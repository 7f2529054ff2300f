-- ===== src/Rate/Charges.antt =====
-- lib/rate/rate.go: what Get charges the limiters of a chain.
use nps.Prelude.{
  ℕ, zero, suc, ◌+◌, ◌-◌, ◌≡◌, ◌<◌, ◌≤◌, ◌⊎◌, refl, Option, none, some, List, [], ◌∷◌, Bool, true,
  false, ◌&&◌, ltb, lt→ltb, All, if◌then◌else◌, arith, Bool-cases, inl, inr,
}
use nps.Rate.{
  pos, burst_for, Rate, Waits, next, rest, Charged, charge, nothing_charged, charges, Asked,
  get_one, get_all, get, sample, sample_from, sample_since, second,
}

abbrev pub total : List ℕ → ℕ
total [] = 0
total (c ∷ cs) = c + total cs

-- Whether the first calls, as many as there are chunks, ended without an error.
abbrev pub granted : Waits → List ℕ → Bool
granted waits [] = true
granted waits (c ∷ cs) = next waits && granted (rest waits) cs

-- The loop ends; the chunks are at most the burst; and they are all of the size, unless WaitN
-- returned an error.
pub record Paid (burst size : ℕ) (waits : Waits) (l : Charged) : Type 0 where
  pub ends : l.ended ≡ true
  pub within : All (λ c. (0 < c) × (c ≤ burst)) l.chunks
  pub whole : (total l.chunks ≡ size) ⊎ ((granted waits l.chunks ≡ false) × (total l.chunks ≤ size))

abbrev chunk : ℕ → ℕ → ℕ
chunk burst size = if ltb burst size then burst else size

chunk_bounds :
    (burst size : ℕ)
    → 0 < burst
    → 0 < size
    → (0 < chunk burst size) × (chunk burst size ≤ burst) × (chunk burst size ≤ size)
chunk_bounds burst size h k = ground arith

charge-Paid :
    (burst size c : ℕ) (waits : Waits) (l : Charged)
    → (0 < c) × (c ≤ burst) × (c ≤ size)
    → Paid burst (size - c) (rest waits) l
    → Paid burst size waits (charge c (if next waits then l else nothing_charged))
charge-Paid burst size c waits l (pos_c, fits, less) p = elim (Bool-cases (next waits)) [
  | inl go ↦ rw go (record {
    ends = p.ends;
    within = ((pos_c, fits), p.within);
    whole = elim p.whole [
      | inl e ↦ inl (omega arith)
      | inr (refused, some_of) ↦ inr (rw go refused, omega arith)
    ];
  })
  | inr stop ↦ rw stop (record {
    ends = refl;
    within = ((pos_c, fits), tt);
    whole = inr (rw stop refl, omega arith);
  })
]

charges-Paid :
    (fuel burst : ℕ) (waits : Waits) (size : ℕ)
    → 0 < burst
    → size ≤ fuel
    → Paid burst size waits (charges fuel burst waits size)
unfolding charges
charges-Paid fuel burst waits zero h k = record { ends = refl; within = tt; whole = inl refl }
charges-Paid zero burst waits (suc n) h k = absurd (omega arith)
charges-Paid (suc fuel) burst waits (suc n) h k =
    charge-Paid burst (suc n) (chunk burst (suc n)) waits
      (charges fuel burst (rest waits) (suc n - chunk burst (suc n)))
      (chunk_bounds burst (suc n) h (omega arith))
      (charges-Paid fuel burst (rest waits) (suc n - chunk burst (suc n)) h
        (omega (arith, (chunk_bounds burst (suc n) h (omega arith)).0)))

-- What Get does with one Rate: no limit, no charge
abbrev pub Served : ℕ → Asked → Rate × Charged → Type 0
Served size q (r, l) =
    (r.limit ≡ q.rate.limit)
    × ((r.consumed ≡ q.rate.consumed + size) ⊎ ((q.rate.lazy ≡ true) × (r.consumed ≡ 0)))
    × Paid q.rate.burst (if ltb 0 q.rate.limit then size else 0) q.waits l

abbrev pub AllServed : ℕ → List Asked → List (Rate × Charged) → Type 0
AllServed size [] [] = Unit
AllServed size [] (o ∷ os) = ⊥
AllServed size (q ∷ qs) [] = ⊥
AllServed size (q ∷ qs) (o ∷ os) = Served size q o × AllServed size qs os

-- As newRate and setLimit leave it
abbrev pub IsReady : Asked → Type 0
IsReady q = q.rate.burst ≡ burst_for q.rate.limit

since-keeps :
    (now at : ℕ) (r : Rate)
    → ((sample_since now at r).limit ≡ r.limit)
      × (((sample_since now at r).consumed ≡ r.consumed) ⊎ ((sample_since now at r).consumed ≡ 0))
unfolding sample_since
since-keeps now at r = elim (Bool-cases (ltb (now - at) second)) [
  | inl early ↦ rw early (refl, inl refl)
  | inr due ↦ rw due (refl, inr refl)
]

from-keeps :
    (now : ℕ) (o : Option ℕ) (r : Rate)
    → ((sample_from now o r).limit ≡ r.limit)
      × (((sample_from now o r).consumed ≡ r.consumed) ⊎ ((sample_from now o r).consumed ≡ 0))
unfolding sample_from
from-keeps now none r = (refl, inl refl)
from-keeps now (some at) r = since-keeps now at r

sample-keeps :
    (now : ℕ) (r : Rate)
    → ((sample now r).limit ≡ r.limit)
      × (((sample now r).consumed ≡ r.consumed) ⊎ ((sample now r).consumed ≡ 0))
unfolding sample
sample-keeps now r = from-keeps now r.sample_at r

counted-keeps :
    (lazy : Bool) (now : ℕ) (r : Rate)
    → ((if lazy then sample now r else r).limit ≡ r.limit)
      × (((if lazy then sample now r else r).consumed ≡ r.consumed)
          ⊎ ((lazy ≡ true) × ((if lazy then sample now r else r).consumed ≡ 0)))
counted-keeps false now r = (refl, inl refl)
counted-keeps true now r =
    let (limit, consumed) = sample-keeps now r in
    (limit, elim consumed [ inl e ↦ inl e | inr e ↦ inr (refl, e) ])

loop-Paid :
    (size : ℕ) (q : Asked)
    → IsReady q
    → Paid q.rate.burst (if ltb 0 q.rate.limit then size else 0) q.waits (
        if ltb 0 q.rate.limit && ltb 0 q.rate.burst
        then charges size q.rate.burst q.waits size
        else nothing_charged)
loop-Paid size q u = elim (Bool-cases (ltb 0 q.rate.limit)) [
  | inl limited ↦
      let some_burst : 0 < q.rate.burst = ground (arith, limited, u) in
      rw (limited, lt→ltb 0 q.rate.burst some_burst)
        (charges-Paid size q.rate.burst q.waits size some_burst (omega arith))
  | inr free ↦ rw free (record { ends = refl; within = tt; whole = inl refl })
]

get_one-Served : (size : ℕ) (q : Asked) → IsReady q → Served size q (get_one size q)
unfolding get_one
get_one-Served size q u =
    let (limit, consumed) =
      counted-keeps q.rate.lazy q.now (record q.rate { consumed = q.rate.consumed + size }) in
    (limit, consumed, loop-Paid size q u)

get_all-AllServed :
    (size : ℕ) (qs : List Asked) → All IsReady qs → AllServed size qs (get_all size qs)
unfolding get_all
get_all-AllServed size [] u = tt
get_all-AllServed size (q ∷ qs) u = (get_one-Served size q u.0, get_all-AllServed size qs u.1)

-- For Rates whose burst is the one for their limit, Get with a positive size serves each Rate of
-- the chain: the limit stays, the size is counted, unless a sample has just reset the count, and
-- the loop ends with chunks from 1 to the burst that are together the size, or 0 without a limit,
-- unless WaitN returned an error, when they are at most that.
pub get-AllServed :
    (n : ℕ) (qs : List Asked) → All IsReady qs → AllServed (suc n) qs (get (pos (suc n)) qs)
unfolding get
get-AllServed n qs u = get_all-AllServed (suc n) qs u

Your assignment. Exactly as it appears above, retype the material in full.

Response to the task.
repository 7f2529054ff2300f
-- ===== src/Rate/Charges.antt =====
-- lib/rate/rate.go: what Get charges the limiters of a chain.
use nps.Prelude.{
  ℕ, zero, suc, ◌+◌, ◌-◌, ◌≡◌, ◌<◌, ◌≤◌, ◌⊎◌, refl, Option, none, some, List, [], ◌∷◌, Bool, true,
  false, ◌&&◌, ltb, lt→ltb, All, if◌then◌else◌, arith, Bool-cases, inl, inr,
}
use nps.Rate.{
  pos, burst_for, Rate, Waits, next, rest, Charged, charge, nothing_charged, charges, Asked,
  get_one, get_all, get, sample, sample_from, sample_since, second,
}

abbrev pub total : List ℕ → ℕ
total [] = 0
total (c ∷ cs) = c + total cs

-- Whether the first calls, as many as there are chunks, ended without an error.
abbrev pub granted : Waits → List ℕ → Bool
granted waits [] = true
granted waits (c ∷ cs) = next waits && granted (rest waits) cs

-- The loop ends; the chunks are at most the burst; and they are all of the size, unless WaitN
-- returned an error.
pub record Paid (burst size : ℕ) (waits : Waits) (l : Charged) : Type 0 where
  pub ends : l.ended ≡ true
  pub within : All (λ c. (0 < c) × (c ≤ burst)) l.chunks
  pub whole : (total l.chunks ≡ size) ⊎ ((granted waits l.chunks ≡ false) × (total l.chunks ≤ size))

abbrev chunk : ℕ → ℕ → ℕ
chunk burst size = if ltb burst size then burst else size

chunk_bounds :
    (burst size : ℕ)
    → 0 < burst
    → 0 < size
    → (0 < chunk burst size) × (chunk burst size ≤ burst) × (chunk burst size ≤ size)
chunk_bounds burst size h k = ground arith

charge-Paid :
    (burst size c : ℕ) (waits : Waits) (l : Charged)
    → (0 < c) × (c ≤ burst) × (c ≤ size)
    → Paid burst (size - c) (rest waits) l
    → Paid burst size waits (charge c (if next waits then l else nothing_charged))
charge-Paid burst size c waits l (pos_c, fits, less) p = elim (Bool-cases (next waits)) [
  | inl go ↦ rw go (record {
    ends = p.ends;
    within = ((pos_c, fits), p.within);
    whole = elim p.whole [
      | inl e ↦ inl (omega arith)
      | inr (refused, some_of) ↦ inr (rw go refused, omega arith)
    ];
  })
  | inr stop ↦ rw stop (record {
    ends = refl;
    within = ((pos_c, fits), tt);
    whole = inr (rw stop refl, omega arith);
  })
]

charges-Paid :
    (fuel burst : ℕ) (waits : Waits) (size : ℕ)
    → 0 < burst
    → size ≤ fuel
    → Paid burst size waits (charges fuel burst waits size)
unfolding charges
charges-Paid fuel burst waits zero h k = record { ends = refl; within = tt; whole = inl refl }
charges-Paid zero burst waits (suc n) h k = absurd (omega arith)
charges-Paid (suc fuel) burst waits (suc n) h k =
    charge-Paid burst (suc n) (chunk burst (suc n)) waits
      (charges fuel burst (rest waits) (suc n - chunk burst (suc n)))
      (chunk_bounds burst (suc n) h (omega arith))
      (charges-Paid fuel burst (rest waits) (suc n - chunk burst (suc n)) h
        (omega (arith, (chunk_bounds burst (suc n) h (omega arith)).0)))

-- What Get does with one Rate: no limit, no charge
abbrev pub Served : ℕ → Asked → Rate × Charged → Type 0
Served size q (r, l) =
    (r.limit ≡ q.rate.limit)
    × ((r.consumed ≡ q.rate.consumed + size) ⊎ ((q.rate.lazy ≡ true) × (r.consumed ≡ 0)))
    × Paid q.rate.burst (if ltb 0 q.rate.limit then size else 0) q.waits l

abbrev pub AllServed : ℕ → List Asked → List (Rate × Charged) → Type 0
AllServed size [] [] = Unit
AllServed size [] (o ∷ os) = ⊥
AllServed size (q ∷ qs) [] = ⊥
AllServed size (q ∷ qs) (o ∷ os) = Served size q o × AllServed size qs os

-- As newRate and setLimit leave it
abbrev pub IsReady : Asked → Type 0
IsReady q = q.rate.burst ≡ burst_for q.rate.limit

since-keeps :
    (now at : ℕ) (r : Rate)
    → ((sample_since now at r).limit ≡ r.limit)
      × (((sample_since now at r).consumed ≡ r.consumed) ⊎ ((sample_since now at r).consumed ≡ 0))
unfolding sample_since
since-keeps now at r = elim (Bool-cases (ltb (now - at) second)) [
  | inl early ↦ rw early (refl, inl refl)
  | inr due ↦ rw due (refl, inr refl)
]

from-keeps :
    (now : ℕ) (o : Option ℕ) (r : Rate)
    → ((sample_from now o r).limit ≡ r.limit)
      × (((sample_from now o r).consumed ≡ r.consumed) ⊎ ((sample_from now o r).consumed ≡ 0))
unfolding sample_from
from-keeps now none r = (refl, inl refl)
from-keeps now (some at) r = since-keeps now at r

sample-keeps :
    (now : ℕ) (r : Rate)
    → ((sample now r).limit ≡ r.limit)
      × (((sample now r).consumed ≡ r.consumed) ⊎ ((sample now r).consumed ≡ 0))
unfolding sample
sample-keeps now r = from-keeps now r.sample_at r

counted-keeps :
    (lazy : Bool) (now : ℕ) (r : Rate)
    → ((if lazy then sample now r else r).limit ≡ r.limit)
      × (((if lazy then sample now r else r).consumed ≡ r.consumed)
          ⊎ ((lazy ≡ true) × ((if lazy then sample now r else r).consumed ≡ 0)))
counted-keeps false now r = (refl, inl refl)
counted-keeps true now r =
    let (limit, consumed) = sample-keeps now r in
    (limit, elim consumed [ inl e ↦ inl e | inr e ↦ inr (refl, e) ])

loop-Paid :
    (size : ℕ) (q : Asked)
    → IsReady q
    → Paid q.rate.burst (if ltb 0 q.rate.limit then size else 0) q.waits (
        if ltb 0 q.rate.limit && ltb 0 q.rate.burst
        then charges size q.rate.burst q.waits size
        else nothing_charged)
loop-Paid size q u = elim (Bool-cases (ltb 0 q.rate.limit)) [
  | inl limited ↦
      let some_burst : 0 < q.rate.burst = ground (arith, limited, u) in
      rw (limited, lt→ltb 0 q.rate.burst some_burst)
        (charges-Paid size q.rate.burst q.waits size some_burst (omega arith))
  | inr free ↦ rw free (record { ends = refl; within = tt; whole = inl refl })
]

get_one-Served : (size : ℕ) (q : Asked) → IsReady q → Served size q (get_one size q)
unfolding get_one
get_one-Served size q u =
    let (limit, consumed) =
      counted-keeps q.rate.lazy q.now (record q.rate { consumed = q.rate.consumed + size }) in
    (limit, consumed, loop-Paid size q u)

get_all-AllServed :
    (size : ℕ) (qs : List Asked) → All IsReady qs → AllServed size qs (get_all size qs)
unfolding get_all
get_all-AllServed size [] u = tt
get_all-AllServed size (q ∷ qs) u = (get_one-Served size q u.0, get_all-AllServed size qs u.1)

-- For Rates whose burst is the one for their limit, Get with a positive size serves each Rate of
-- the chain: the limit stays, the size is counted, unless a sample has just reset the count, and
-- the loop ends with chunks from 1 to the burst that are together the size, or 0 without a limit,
-- unless WaitN returned an error, when they are at most that.
pub get-AllServed :
    (n : ℕ) (qs : List Asked) → All IsReady qs → AllServed (suc n) qs (get (pos (suc n)) qs)
unfolding get
get-AllServed n qs u = get_all-AllServed (suc n) qs u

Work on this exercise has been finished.